Factors for Bone Growth
Bone density and exercise go hand in hand, and scientific research has confirmed the connection. In a paper published in 2019, researchers from the University of Michigan reviewed data from 1961 to 2009 to determine what impact exercise has on bone density.
In their research, the investigators found three characteristics of exercise have the largest impact on bone mass density (BMD). These include the magnitude, rate, and frequency of muscle strain.
Factors Affecting Bone Mass Density
- The magnitude of muscle strain an exercise exerts: Exercise that fit into this category include weightlifting and gymnastics because the amount of force place on muscles and bones.
- The rate of muscle strain and exercise exerts: This indicates the speed by which repetitive, high-impact exercises, such as tennis or plyometrics are performed.
- The frequency by which muscle strain occurs: Running is a prime example of this as the impact of the muscles is not only repetitive but continues for a long period of time.
Although the researchers did not establish which of the three factors is the most important, they concluded that increased density can be achieved with as little as 12 to 20 minutes of weight-bearing exercise performed three times per week.
Impact of Exercise
While it would be fair to assume that any exercise that places significant, repetitive stress on a bone would be equally beneficial, it's not always the case. According to research from Brigham Young University, one exercise arguably offers greater benefit than all others – Jumping.
The study team found that jumping 10 to 20 times a day with 30 seconds of breaks in between jumps significantly improved hip bone mass density (BMD) in women age 25 to 50 after 16 weeks. Bone density increases directly coincided with the amount of exercise performed.
According to the study, jumping 20 times twice daily resulted in 75% greater BMD than doing 10 jumps twice daily.
While running also offered significant improvement in BMD, it was far less than that seen with jumping.This finding suggests that jumping should be incorporated into any exercise program, including low-impact activities like cycling, swimming, and running.
Despite the direct impact of exercise on bone density, not every sport or exercise activity is linked to BMD gain. Running, for example, is linked to greater BMD than low-impact activities like cycling because of the direct stress that it places on the legs and hips.
In fact, elite-level cyclists appear to have a greater propensity for bone loss compared to their running counterparts. This is because cycling is a low-impact sport and does not include weight-bearing movement. Combined, this means that cyclists may in fact lose bone density while performing high levels of the workout. In addition to the absence of direct bone stress, some experts believe that the loss of calcium in sweat also plays a key role.
It is also possible that endurance sports in and of themselves can promote bone loss as more calories tend to be burned than consumed. What this research suggests is that greater effort may be needed to incorporate weight training into the training schedules of endurance athletes.
The benefits of exercise can be felt at any age and with as little as 2 to 3 days of exercise per week. Even in older women for whom jumping and running may be inappropriate, resistance training can help stimulate or maintain BMD in the weight-bearing bones.

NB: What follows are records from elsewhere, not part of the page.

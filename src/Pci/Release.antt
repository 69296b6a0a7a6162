-- ===== src/Pci/Release.antt =====
-- The books of the kernel's resources through ResetDevice and Shutdown of
-- transport/pci_transport.cpp.
use qnx_unit_tests.Base.{
  ℕ, ◌+◌, ◌-◌, List, [], ◌∷◌, Option, none, some, false, ◌≡◌, refl, ap, arith, ◌!=◌, ◌&&◌,
}
use qnx_unit_tests.Base.Proc.{Gives, bind-Gives, if-Gives}
use qnx_unit_tests.Registers.Pci.{device_status_off}
use qnx_unit_tests.Transport.{Errno}
use qnx_unit_tests.Virtqueue.Mappings.{held}
use qnx_unit_tests.Machine.{Machine}
use qnx_unit_tests.Link.{Driver, detach_irq, reset_queue}
use qnx_unit_tests.Link.Balance.{
  Accounts, AnyLink, NoRequest, call-Keeps, detach_irq-Stage, free_buffers-Stage, reset_queue-Stage,
}
use qnx_unit_tests.Link.Books.{done-Keeps, set_own-Keeps, quiesce-Keeps}
use qnx_unit_tests.Pci.{Pci}
use qnx_unit_tests.Pci.Bus.{Bus}
use qnx_unit_tests.Pci.Start.{
  quiet_at, quiet, reset_device, stop_at, stop, unmap_bars, release_bars, msix_off_at, msix_off,
  release_irq, detach_device, release_device, shutdown,
}
use qnx_unit_tests.Pci.Balance.{
  bars_held, own_held, Books, Keeps, read_common-Keeps, write_common-Keeps, initialize_device-Books,
}
use qnx_unit_tests.Pci.Find.{BusAccounts}
use qnx_unit_tests.Pci.Stages.{idle-held, Idle}

module _ {W : Type 0} (live : W → ℕ) (k : Machine W) (accounts : Accounts live k) (n : ℕ) where
  module _ (e : Errno) where
    quiet_at-Keeps : (o : Option ℕ) → Keeps live n AnyLink (quiet_at k o)
    quiet_at-Keeps none = done-Keeps live own_held n AnyLink tt
    quiet_at-Keeps (some cfg) =
        bind-Gives (write_common-Keeps live k accounts n AnyLink cfg 8 device_status_off 0) λ _.
          quiesce-Keeps live own_held n k accounts AnyLink _ 100
            (read_common-Keeps live k accounts n AnyLink cfg 8 device_status_off)

    -- ResetDevice keeps the books, whether it goes well or not.
    pub reset_device-Books :
        Gives (Books live n AnyLink) (λ _. Books live n AnyLink) (reset_device k e)
    unfolding reset_device
    reset_device-Books =
        bind-Gives {m = quiet k} (record { run = λ d. (quiet_at-Keeps d.own.common_cfg).run d })
          λ _. bind-Gives (reset_queue-Stage live own_held k accounts n AnyLink λ l o h. h) λ _.
            bind-Gives {m = detach_irq {T = Pci} k}
              (record {
                run = λ d p. (detach_irq-Stage live own_held k accounts n).run d (p.0, tt);
              })
              λ _.
                bind-Gives (free_buffers-Stage live own_held k accounts n)
                  λ _. initialize_device-Books live k accounts n e

  stop_at-Keeps : (o : Option ℕ) → Keeps live n NoRequest (stop_at k o)
  stop_at-Keeps none = done-Keeps live own_held n NoRequest tt
  stop_at-Keeps (some cfg) =
      write_common-Keeps live k accounts n NoRequest cfg 8 device_status_off 0

  unmap_bars-live :
      (bars : List (Option ℕ × ℕ)) (w : W)
      → (live (unmap_bars k bars w).1 ≡ live w - bars_held bars)
        × (bars_held (unmap_bars k bars w).0 ≡ 0)
  unfolding unmap_bars
  unmap_bars-live [] w = (omega arith, refl)
  unmap_bars-live ((none, size) ∷ bars) w =
      let (less, empty) = unmap_bars-live bars w in (omega (arith, less), omega (arith, empty))
  unmap_bars-live ((some virt, size) ∷ bars) w =
      let (less, empty) = unmap_bars-live bars (k.unmap_device virt size w) in
      (omega (arith, less, accounts.unmap_counts virt size w), omega (arith, empty))

  module _ (bus : Bus W) (bus_accounts : BusAccounts live bus) where
    msix_off_at-Keeps : (o : Option ℕ) (cap : ℕ) → Keeps live n NoRequest (msix_off_at bus o cap)
    msix_off_at-Keeps none cap = done-Keeps live own_held n NoRequest tt
    msix_off_at-Keeps (some hdl) cap =
        if-Gives (cap != 0)
          (bind-Gives
            (call-Keeps live own_held n 0 NoRequest (λ w. (tt, bus.cfg_wr16 hdl (cap + 2) 0 w))
              (bus_accounts.wr16_counts hdl (cap + 2) 0))
            λ _.
              set_own-Keeps live own_held n NoRequest (λ t. record t { use_msix = false })
                λ t. refl)
          (done-Keeps live own_held n NoRequest tt)

    msix_off-Keeps : Keeps live n NoRequest (msix_off bus)
    msix_off-Keeps = record {
      run = λ d p.
          (if-Gives d.own.use_msix (msix_off_at-Keeps d.own.pci_handle d.own.msix_cap_offset)
              (done-Keeps live own_held n NoRequest tt)).run
            d p;
    }

    release_irq-Keeps : Keeps live n NoRequest (release_irq bus)
    release_irq-Keeps = record {
      run = λ d p.
          (if-Gives ((d.own.irq_num != 0) && (d.own.msix_cap_offset != 0))
              (call-Keeps live own_held n 0 NoRequest (λ w. (tt, bus.rsrc_detach d.own.irq_num w))
                (bus_accounts.rsrc_detach_counts d.own.irq_num))
              (done-Keeps live own_held n NoRequest tt)).run
            d p;
    }

    detach_device-live : (o : Option ℕ) (w : W) → live (detach_device bus o w) ≡ live w - held o
    detach_device-live none w = omega arith
    detach_device-live (some hdl) w = bus_accounts.detach_counts hdl w

    -- Without mapped registers, and without a hold on the device.
    abbrev NoBars : Driver Pci W → Type 0
    NoBars d = Books live n NoRequest d × (bars_held d.own.bars ≡ 0)

    abbrev NoDevice : Driver Pci W → Type 0
    NoDevice d = NoBars d × (d.own.pci_handle ≡ none)

    release_bars-NoBars : Gives (Books live n NoRequest) (λ _. NoBars) (release_bars k)
    release_bars-NoBars = record {
      run = λ d p.
          let (less, empty) = unmap_bars-live d.own.bars d.world in
          ((omega (arith, p.0, less, empty), p.1), empty);
    }

    release_device-NoDevice : Gives NoBars (λ _. NoDevice) (release_device bus)
    release_device-NoDevice = record {
      run = λ d p.
          (((omega (arith, p.0.0, detach_device-live d.own.pci_handle d.world), p.0.1), p.1), refl);
    }

    reset_queue-Idle : Gives NoDevice (λ _ d. (live d.world ≡ n) × Idle d) (reset_queue {T = Pci} k)
    unfolding reset_queue
    reset_queue-Idle = record {
      run = λ d p.
          let r = (reset_queue-Stage live own_held k accounts n NoRequest λ l o h. h).run d p.0.0 in
          (
            omega (
              arith,
              r.0,
              p.0.1,
              ap held p.1,
              idle-held (reset_queue {T = Pci} k d).1.link r.1.0 r.1.1,
            ),
            (p.0.1, p.1, r.1.0, r.1.1),
          );
    }

    pub shutdown-Idle :
        Gives (Books live n AnyLink) (λ _ d. (live d.world ≡ n) × Idle d) (shutdown k bus)
    unfolding shutdown
    shutdown-Idle = bind-Gives (detach_irq-Stage live own_held k accounts n) λ _.
        bind-Gives (free_buffers-Stage live own_held k accounts n) λ _.
          bind-Gives {m = stop k} (record { run = λ d. (stop_at-Keeps d.own.common_cfg).run d })
            λ _. bind-Gives msix_off-Keeps λ _. bind-Gives release_irq-Keeps λ _.
              bind-Gives
                (set_own-Keeps live own_held n NoRequest (λ t. record t { msix_table = none })
                  λ t. refl)
                λ _.
                  bind-Gives release_bars-NoBars
                    λ _. bind-Gives release_device-NoDevice λ _. reset_queue-Idle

With resistance training, the force of muscle pulling against bone appears to be enough to stimulate bone growth even if the actual stress placed on the bone is moderate. As we age, building and preserving bone density become more important, and resistance training has been found to be most effective in improving muscle and bone mass in older populations.
Exercise to Increase BMD
- Weight training
- Squat exercises
- Plyometrics (jumping training)
- Stair running
- Body weight exercises
- Jumping rope
- High Impact Aerobics
Building or maintaining bone mass requires more than weight-bearing exercise; good nutrition is also key. Once you reach the age of 30, you don't build bone as readily as you used to.

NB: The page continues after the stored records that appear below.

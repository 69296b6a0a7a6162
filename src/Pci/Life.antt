-- ===== src/Pci/Life.antt =====
-- The life of the transport of transport/pci_transport.cpp: Initialize, then exchanges, resets and
-- readings of the tag in any order and with any outcome, and Shutdown at the end.
use qnx_unit_tests.Base.{
  ℕ, zero, suc, ◌+◌, ◌*◌, ◌%◌, ◌^◌, List, Option, none, some, Bool, true, false, ◌≡◌, refl, ap,
  subst, ◌∙◌, arith, ◌!=◌, if◌then◌else◌, ok,
}
use qnx_unit_tests.Base.Proc.{done, Gives, done-Gives, bind-Gives, if-Gives}
use qnx_unit_tests.Base.Run.{Run, give, lift, After, give-Ends, lift-Ends, bind-Ends, if-Ends}
use qnx_unit_tests.Transport.{Errno, is_negative}
use qnx_unit_tests.Virtqueue.Mappings.{held}
use qnx_unit_tests.Machine.{Machine}
use qnx_unit_tests.Link.{Driver}
use qnx_unit_tests.Link.Balance.{Accounts, AnyLink, NoRequest, call-Keeps}
use qnx_unit_tests.Link.Books.{done-Keeps}
use qnx_unit_tests.Link.Tag.{read_tag-live}
use qnx_unit_tests.Link.Traffic.{Trip, look-Trip, spin-Trip, exchange_with-Trip}
use qnx_unit_tests.Pci.{Pci}
use qnx_unit_tests.Pci.Bus.{Bus}
use qnx_unit_tests.Pci.Discover.{discover_device}
use qnx_unit_tests.Pci.Start.{reset_device, shutdown, give_up, bring_up, initialize}
use qnx_unit_tests.Pci.Traffic.{
  notify_at, notify, unmask, read_isr_at, read_isr, await_pulse, drain, gave_up, timed_out,
  after_pulse, wait_loop, wait_for_completion, exchange, tag_at, get_mount_tag,
}
use qnx_unit_tests.Pci.Balance.{own_held, Books, Keeps, initialize_device-Books}
use qnx_unit_tests.Pci.Find.{BusAccounts}
use qnx_unit_tests.Pci.Stages.{idle-held, Idle, discover_device-Ends}
use qnx_unit_tests.Pci.Release.{reset_device-Books, shutdown-Idle}

module _ {W : Type 0} (live : W → ℕ) (k : Machine W) (accounts : Accounts live k) (n : ℕ) where
  abbrev PciTrip : {A : Type 0} → Run (Driver Pci W) A → Type 0
  PciTrip m = Trip live own_held n m

  give-Trip : {A : Type 0} (a : A) → PciTrip (give a)
  give-Trip a = give-Ends a λ s p. p

  read_isr_at-Keeps : (o : Option ℕ) (b : Bool) → Keeps live n AnyLink (read_isr_at k o b)
  read_isr_at-Keeps (some isr) false =
      call-Keeps live own_held n 0 AnyLink (λ w. (tt, (k.load 8 isr w).1))
        (accounts.load_counts 8 isr)
  read_isr_at-Keeps (some isr) true = done-Keeps live own_held n AnyLink tt
  read_isr_at-Keeps none b = done-Keeps live own_held n AnyLink tt

  read_isr-Trip : PciTrip (lift (read_isr k))
  unfolding read_isr
  read_isr-Trip = record { run = λ d p. (read_isr_at-Keeps d.own.isr_cfg d.own.use_msix).run d p }

  unmask-Keeps : Keeps live n AnyLink (unmask k)
  unmask-Keeps = record {
    run = λ d p. (accounts.unmask_counts d.own.irq_num d.link.irq_id d.world ∙ p.0, tt);
  }

  await_pulse-Keeps : (ns : ℕ) → Keeps live n AnyLink (await_pulse k ns)
  await_pulse-Keeps ns = record {
    run = λ d p. (accounts.pulse_counts d.link.chid ns d.world ∙ p.0, tt);
  }

  drain-Trip : (out : ℕ) → PciTrip (drain k out)
  unfolding drain
  drain-Trip out = bind-Ends read_isr-Trip λ _. bind-Ends (lift-Ends (await_pulse-Keeps 0)) λ got.
      bind-Ends (lift-Ends (if-Gives got unmask-Keeps (done-Keeps live own_held n AnyLink tt)))
        λ _. give-Trip (0, out)

  timed_out-Trip : (fuel out : ℕ) → PciTrip (timed_out k fuel out)
  unfolding timed_out
  timed_out-Trip fuel out = bind-Ends (look-Trip live own_held n k accounts fuel out) λ (r : ℕ × ℕ).
      if-Ends {m = gave_up k r.1} (is_negative r.0) (record { run = λ d p. p }) (give-Trip (0, r.1))

  after_pulse-Trip :
      (fuel out : ℕ) (again : ℕ → Run (Driver Pci W) (ℕ × ℕ))
      → ((out : ℕ) → PciTrip (again out))
      → PciTrip (after_pulse k fuel out again)
  unfolding after_pulse
  after_pulse-Trip fuel out again h = bind-Ends (lift-Ends unmask-Keeps) λ _.
      bind-Ends (look-Trip live own_held n k accounts fuel out) λ (r : ℕ × ℕ).
        if-Ends (is_negative r.0)
          (bind-Ends (spin-Trip live own_held n k accounts fuel 100 r.1)
            λ (s : ℕ × ℕ). if-Ends (is_negative s.0) (h s.1) (give-Trip (0, s.1)))
          (give-Trip (0, r.1))

  wait_loop-Trip : (fuel rounds out : ℕ) → PciTrip (wait_loop k fuel rounds out)
  unfolding wait_loop
  wait_loop-Trip fuel zero out = record { run = λ d p. tt }
  wait_loop-Trip fuel (suc rounds) out =
      bind-Ends (lift-Ends (await_pulse-Keeps 30000000000)) λ got. bind-Ends read_isr-Trip λ _.
        if-Ends got (after_pulse-Trip fuel out _ (wait_loop-Trip fuel rounds))
          (timed_out-Trip fuel out)

  wait_for_completion-Trip : (fuel rounds : ℕ) → PciTrip (wait_for_completion k fuel rounds)
  unfolding wait_for_completion
  wait_for_completion-Trip fuel rounds =
      bind-Ends (look-Trip live own_held n k accounts fuel 0)
        λ (r : ℕ × ℕ). if-Ends (is_negative r.0) (wait_loop-Trip fuel rounds r.1) (drain-Trip r.1)

  notify_at-Keeps : (o : Option ℕ) (offset : ℕ) → Keeps live n AnyLink (notify_at k o offset)
  notify_at-Keeps none offset = done-Keeps live own_held n AnyLink tt
  notify_at-Keeps (some base) offset =
      call-Keeps live own_held n 0 AnyLink (λ w. (tt, k.store 16 (base + offset % 2 ^ 32) 0 w))
        (accounts.store_counts 16 (base + offset % 2 ^ 32) 0)

  notify-Trip : PciTrip (lift (notify k))
  unfolding notify
  notify-Trip = record {
    run = λ d p.
        (notify_at-Keeps d.own.notify_base
            (d.own.queue_notify_off * d.own.notify_offset_multiplier)).run
          d p;
  }

  module _ (e : Errno) where
    exchange-Trip :
        (fuel rounds : ℕ) (request : List ℕ) → PciTrip (exchange k e fuel rounds request)
    unfolding exchange
    exchange-Trip fuel rounds request =
        exchange_with-Trip live own_held n e (notify k) (wait_for_completion k fuel rounds)
          (reset_device k e) notify-Trip (wait_for_completion-Trip fuel rounds)
          (lift-Ends (reset_device-Books live k accounts n e)) request

    tag_at-live : (einval : ℕ) (o : Option ℕ) (w : W) → live (tag_at k e einval o w).1 ≡ live w
    tag_at-live einval none w = refl
    tag_at-live einval (some at) w = read_tag-live live k accounts einval at w

    get_mount_tag-Books :
        (d : Driver Pci W) → Books live n AnyLink d → Books live n AnyLink (get_mount_tag k e d).1
    unfolding get_mount_tag
    get_mount_tag-Books d p = (tag_at-live e.einval d.own.device_cfg d.world ∙ p.0, tt)

    module _ (bus : Bus W) (bus_accounts : BusAccounts live bus) where
      Idle-Books : (d : Driver Pci W) → live d.world ≡ n → Idle d → Books live n AnyLink d
      Idle-Books d same idle =
          (omega (arith, same, idle.0, ap held idle.1, idle-held d.link idle.2 idle.3), tt)

      give_up-Books :
          (rc : ℕ) → Gives (Books live n AnyLink) (λ _. Books live n AnyLink) (give_up k bus rc)
      give_up-Books rc =
          if-Gives (rc != 0)
            (bind-Gives {f = λ _. done rc} (shutdown-Idle live k accounts n bus bus_accounts)
              λ _. done-Gives rc λ d p. Idle-Books d p.0 p.1)
            (done-Keeps live own_held n AnyLink 0)

      initialize-Books :
          (d : Driver Pci W)
          → Books live n NoRequest d
          → d.own.pci_handle ≡ none
          → After (λ _. Books live n AnyLink) (initialize k bus e d)
      unfolding initialize
      initialize-Books d p free =
          (bind-Ends {m = discover_device k bus e}
              {f = λ rc. if rc != 0 then give rc else lift (bring_up k bus e)}
              (discover_device-Ends live k accounts bus bus_accounts e n NoRequest)
              λ rc.
                if-Ends {Q = λ _. Books live n AnyLink} (rc != 0) (give-Ends rc λ s q. (q.0, tt)) (
                  lift-Ends
                    (bind-Gives (initialize_device-Books live k accounts n e) give_up-Books))).run
            d (p, free)

module _ {W : Type 0} (k : Machine W) (bus : Bus W) (e : Errno) where
  -- A state of the transport that was in the first state before Initialize, whatever that returned.
  pub data Life : Driver Pci W → Driver Pci W → Type 0 where
    begun : (rc : ℕ) (d d' : Driver Pci W) → initialize k bus e d ≡ ok (rc, d') → Life d d'
    was_reset : (d d' : Driver Pci W) → Life d d' → Life d (reset_device k e d').1
    tagged : (d d' : Driver Pci W) → Life d d' → Life d (get_mount_tag k e d').1
    exchanged :
        (fuel rounds : ℕ) (request : List ℕ) (r : ℕ × List ℕ) (d d' d'' : Driver Pci W)
        → Life d d'
        → exchange k e fuel rounds request d' ≡ ok (r, d'')
        → Life d d''

module _ {W : Type 0} (live : W → ℕ) (k : Machine W) (accounts : Accounts live k) (bus : Bus W)
    (bus_accounts : BusAccounts live bus) (e : Errno) where
  Life-Books :
      (d d' : Driver Pci W) → Idle d → Life k bus e d d' → Books live (live d.world) AnyLink d'
  Life-Books d d' idle (begun rc _ _ ends) =
      subst (After (λ _. Books live (live d.world) AnyLink)) ends (
        initialize-Books live k accounts (live d.world) e bus bus_accounts d
          (omega (arith, idle.0, ap held idle.1, idle-held d.link idle.2 idle.3), idle.3) idle.1)
  Life-Books d _ idle (was_reset _ d' life) =
      (reset_device-Books live k accounts (live d.world) e).run d' (Life-Books d d' idle life)
  Life-Books d _ idle (tagged _ d' life) =
      get_mount_tag-Books live k accounts (live d.world) e d' (Life-Books d d' idle life)
  Life-Books d _ idle (exchanged fuel rounds request r _ d' d'' life ends) =
      subst (After (λ _. Books live (live d.world) AnyLink)) ends (
        (exchange-Trip live k accounts (live d.world) e fuel rounds request).run d'
          (Life-Books d d' idle life))

  -- The transport starts with nothing. Whatever Initialize returned and however it lives then, Shutdown
  -- at the end leaves the kernel with as many mappings, channels, connections, interrupts and holds on a
  -- device as there were before Initialize, and the transport with none.
  pub pci_shutdown-Life :
      (d d' : Driver Pci W)
      → Idle d
      → Life k bus e d d'
      → (live (shutdown k bus d').1.world ≡ live d.world) × Idle (shutdown k bus d').1
  pci_shutdown-Life d d' idle life =
      (shutdown-Idle live k accounts (live d.world) bus bus_accounts).run d'
        (Life-Books d d' idle life)
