-- ===== src/Pci/Tag.antt =====
-- GetMountTag of transport/pci_transport.cpp, over a device configuration that holds a tag.
use qnx_unit_tests.Base.{ℕ, ◌≤◌, ◌<◌, List, [], some, ◌≡◌, refl, ◌⊎◌, length}
use qnx_unit_tests.Transport.{Errno, neg32}
use qnx_unit_tests.Machine.{Machine}
use qnx_unit_tests.Link.{Driver}
use qnx_unit_tests.Link.Tag.{HoldsTag, read_tag-held}
use qnx_unit_tests.Pci.{Pci}
use qnx_unit_tests.Pci.Traffic.{get_mount_tag}

module _ {W : Type 0} (k : Machine W) (e : Errno) where
  -- Where the device configuration holds a tag of 1 to 256 bytes, GetMountTag returns 0 and the tag, and
  -- where it announces none or a longer one, -EINVAL and no tag; it changes nothing.
  pub pci_get_mount_tag_lem :
      (d : Driver Pci W) (at : ℕ) (tag : List ℕ)
      → d.own.device_cfg ≡ some at
      → HoldsTag k at tag d.world
      → ((0 < length tag) × (length tag ≤ 256) → get_mount_tag k e d ≡ ((0, tag), d))
        × (((length tag ≡ 0) ⊎ (256 < length tag))
            → get_mount_tag k e d ≡ ((neg32 e.einval, []), d))
  unfolding get_mount_tag
  pci_get_mount_tag_lem d at tag there h =
      let (reads, refuses) = read_tag-held k e.einval at tag d.world h in
      (λ fits. rw (there, reads fits) refl, λ out. rw (there, refuses out) refl)
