-- ===== src/Session/Ops.antt =====
-- The operations of NinePSession on files, each one request and its answer.
use qnx_unit_tests.Base.{
  ℕ, ◌%◌, ◌^◌, List, [], ◌∷◌, Option, none, some, Bool, ◌||◌, length, ◌!=◌, if◌then◌else◌,
}
use qnx_unit_tests.Types.{Qid, NinePStat, DirEntry, getattr_basic}
use qnx_unit_tests.Message.{Message, new}
use qnx_unit_tests.Message.Build.{
  build_twalk, build_tlopen, build_tread, build_tclunk, build_tgetattr, build_treaddir,
  build_twrite, build_tlcreate, build_tmkdir, build_tunlinkat, build_trenameat,
}
use qnx_unit_tests.Message.Parse.{
  parse_rwalk, parse_rlopen, parse_rread, parse_rclunk, parse_rgetattr, parse_rreaddir,
  parse_rwrite, parse_rlcreate, parse_rmkdir, parse_runlinkat, parse_rrenameat,
}
use qnx_unit_tests.Transport.{Transport, Errno, neg32}
use qnx_unit_tests.Session.{
  Act, pure, ◌>>=◌, ◌>>◌, parsed, next_tag, allocate_fid, release_fid, transact,
}
use qnx_unit_tests.Session.Path.{bytes_eq, components, split_last}

-- The names in a path.
unfoldable pub split : List ℕ → List (List ℕ)
unfolding bytes_eq components
split path = if bytes_eq path [] || bytes_eq path (b'/' ∷ []) then [] else components [] path

module _ {S : Type 0} (t : Transport S) (e : Errno) where
  -- NextTag, then Transact on the request with that tag.
  unfoldable pub request : (ℕ → Message) → Act S (ℕ × Message)
  unfolding next_tag transact
  request build = do tag ← next_tag; transact t e (build tag) new

  -- What Open, Read, GetAttr, ReadDir, Create and Write do with the answer: the code if it is not 0,
  -- `-EIO` if the parser says no, and else what `done` makes of the fields. `out` is what the out
  -- parameters hold where nothing is written to them.
  abbrev pub answer_of :
      {A B : Type 0} → B → (A → ℕ × B) → (Message → Act S (Option A)) → ℕ × Message → Act S (ℕ × B)
  answer_of out done parse (rc, response) = if rc != 0 then pure (rc, out) else (do
    answer ← parse response
    elim answer [ none ↦ pure (neg32 e.eio, out) | some a ↦ pure (done a) ])

  -- What Clunk, Unlink and Rename do with the answer.
  abbrev pub done_if : (Message → Bool) → ℕ × Message → ℕ
  done_if parse (rc, response) = if rc != 0 then rc else if parse response then 0 else neg32 e.eio

  unfoldable pub after_walk : ℕ → ℕ → ℕ × Message → Act S (ℕ × ℕ)
  unfolding release_fid
  after_walk names fid (rc, rwalk) = if rc != 0 then (do release_fid fid; pure (rc, fid)) else (do
    answer ← parsed (parse_rwalk [] rwalk)
    elim answer [
      | none ↦ (do release_fid fid; pure (neg32 e.eio, fid))
      | some qids ↦
          if length qids != names
          then (do release_fid fid; pure (neg32 e.enoent, fid))
          else pure (0, fid)
    ])

  -- The code and `out_fid`.
  unfoldable pub walk : List ℕ → Act S (ℕ × ℕ)
  unfolding split allocate_fid next_tag transact after_walk
  walk path = do
    fid ← allocate_fid
    tag ← next_tag
    root ← (λ s. pure s.root_fid s)
    reply ← transact t e (build_twalk tag root fid (split path)) new
    after_walk (length (split path)) fid reply

  -- The code and `out_iounit`.
  unfoldable pub open_fid : ℕ → ℕ → ℕ → Act S (ℕ × ℕ)
  unfolding request
  open_fid fid flags out = do
    reply ← request λ tag. build_tlopen tag fid flags
    answer_of out (λ (a : Qid × ℕ). (0, a.1)) (λ m. parsed (parse_rlopen m)) reply

  -- The size of the vector is cast to an int32_t.
  unfoldable pub read : ℕ → ℕ → ℕ → List ℕ → Act S (ℕ × List ℕ)
  unfolding request
  read fid offset count out = do
    reply ← request λ tag. build_tread tag fid offset count
    answer_of out (λ (bs : List ℕ). (length bs % 2 ^ 32, bs)) (λ m. parsed (parse_rread m)) reply

  unfoldable pub get_attr : ℕ → NinePStat → Act S (ℕ × NinePStat)
  unfolding request
  get_attr fid out = do
    reply ← request λ tag. build_tgetattr tag fid getattr_basic
    answer_of out (λ (stat : NinePStat). (0, stat)) (λ m. parsed (parse_rgetattr m)) reply

  unfoldable pub read_dir : ℕ → ℕ → ℕ → List DirEntry → Act S (ℕ × List DirEntry)
  unfolding request
  read_dir fid offset count out = do
    reply ← request λ tag. build_treaddir tag fid offset count
    answer_of out (λ (es : List DirEntry). (0, es)) (λ m. parsed (parse_rreaddir out m)) reply

  -- The fid is released whatever the answer is.
  unfoldable pub clunk : ℕ → Act S ℕ
  unfolding request release_fid
  clunk fid = do
    reply ← request λ tag. build_tclunk tag fid
    release_fid fid
    pure (done_if parse_rclunk reply)

  -- The count of an Rwrite is cast to an int32_t: its bit pattern stays.
  unfoldable pub write : ℕ → ℕ → List ℕ → Act S ℕ
  unfolding request
  write fid offset bs = do
    reply ← request λ tag. build_twrite tag fid offset bs
    (rc, _) ← answer_of tt (λ (n : ℕ). (n, tt)) (λ m. parsed (parse_rwrite m)) reply
    pure rc

  -- The code, `out_qid` and `out_iounit`.
  unfoldable pub create : ℕ → List ℕ → ℕ → ℕ → ℕ → Qid × ℕ → Act S (ℕ × (Qid × ℕ))
  unfolding request
  create parent_fid name flags mode gid out = do
    reply ← request λ tag. build_tlcreate tag parent_fid name flags mode gid
    answer_of out (λ (a : Qid × ℕ). (0, a)) (λ m. parsed (parse_rlcreate m)) reply

  unfoldable pub mkdir : ℕ → List ℕ → ℕ → ℕ → Act S ℕ
  unfolding request
  mkdir parent_fid name mode gid = do
    reply ← request λ tag. build_tmkdir tag parent_fid name mode gid
    (rc, _) ← answer_of tt (λ (q : Qid). (0, tt)) (λ m. parsed (parse_rmkdir m)) reply
    pure rc

  unfoldable pub unlink : ℕ → List ℕ → ℕ → Act S ℕ
  unfolding request
  unlink dirfid name flags = do
    reply ← request λ tag. build_tunlinkat tag dirfid name flags
    pure (done_if parse_runlinkat reply)

  unfoldable pub rename : ℕ → List ℕ → ℕ → List ℕ → Act S ℕ
  unfolding request
  rename olddirfid oldname newdirfid newname = do
    reply ← request λ tag. build_trenameat tag olddirfid oldname newdirfid newname
    pure (done_if parse_rrenameat reply)

  -- The code, `out_parent_fid` and `out_basename`.
  unfoldable pub walk_parent : List ℕ → ℕ → Act S (ℕ × ℕ × List ℕ)
  unfolding split_last walk
  walk_parent path out_parent_fid =
      let (parent_path, basename) = split_last path in
      if bytes_eq basename []
      then pure (neg32 e.einval, out_parent_fid, basename)
      else (do (rc, fid) ← walk parent_path; pure (rc, fid, basename))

To maintain strong bones, you need to ensure the proper intake of calcium and vitamin D in your diet. This is especially true if you are at risk of osteoporosis.
Calcium is the key building block for bones and vitamin D helps the body absorb calcium. To sustain bone health, adults should get 1,000 milligrams (mg) of calcium per day and 600 international units (IU) of vitamin D per day—ideally from food sources.
Women over 50 and men over 70 should increase their daily calcium intake to 1,200 milligrams. After 70, men and women should get no less than 800 IU of vitamin D daily. Some osteoporosis experts even recommend 800 to 1,200 IU of vitamin D per day.
Sources of Calcium and Vitamin D
Food sources of calcium and vitamin D include:
- Dairy products, including milk, yogurt, and cheese
- Leafy vegetables such as kale, broccoli and spinach
- Seafood such as oysters, crab and shrimp
- Fishes such as salmon, tuna and sardines
- Calcium-fortified milks like soy milk or almond milk
When to call a Healthcare Provider
If you are unable to meet your daily intake needs of vitamin D and calcium speak with healthcare provider. They can perform a blood test to determine if you are deficient and make recommendations regarding supplements or connect you with a registered dietitian.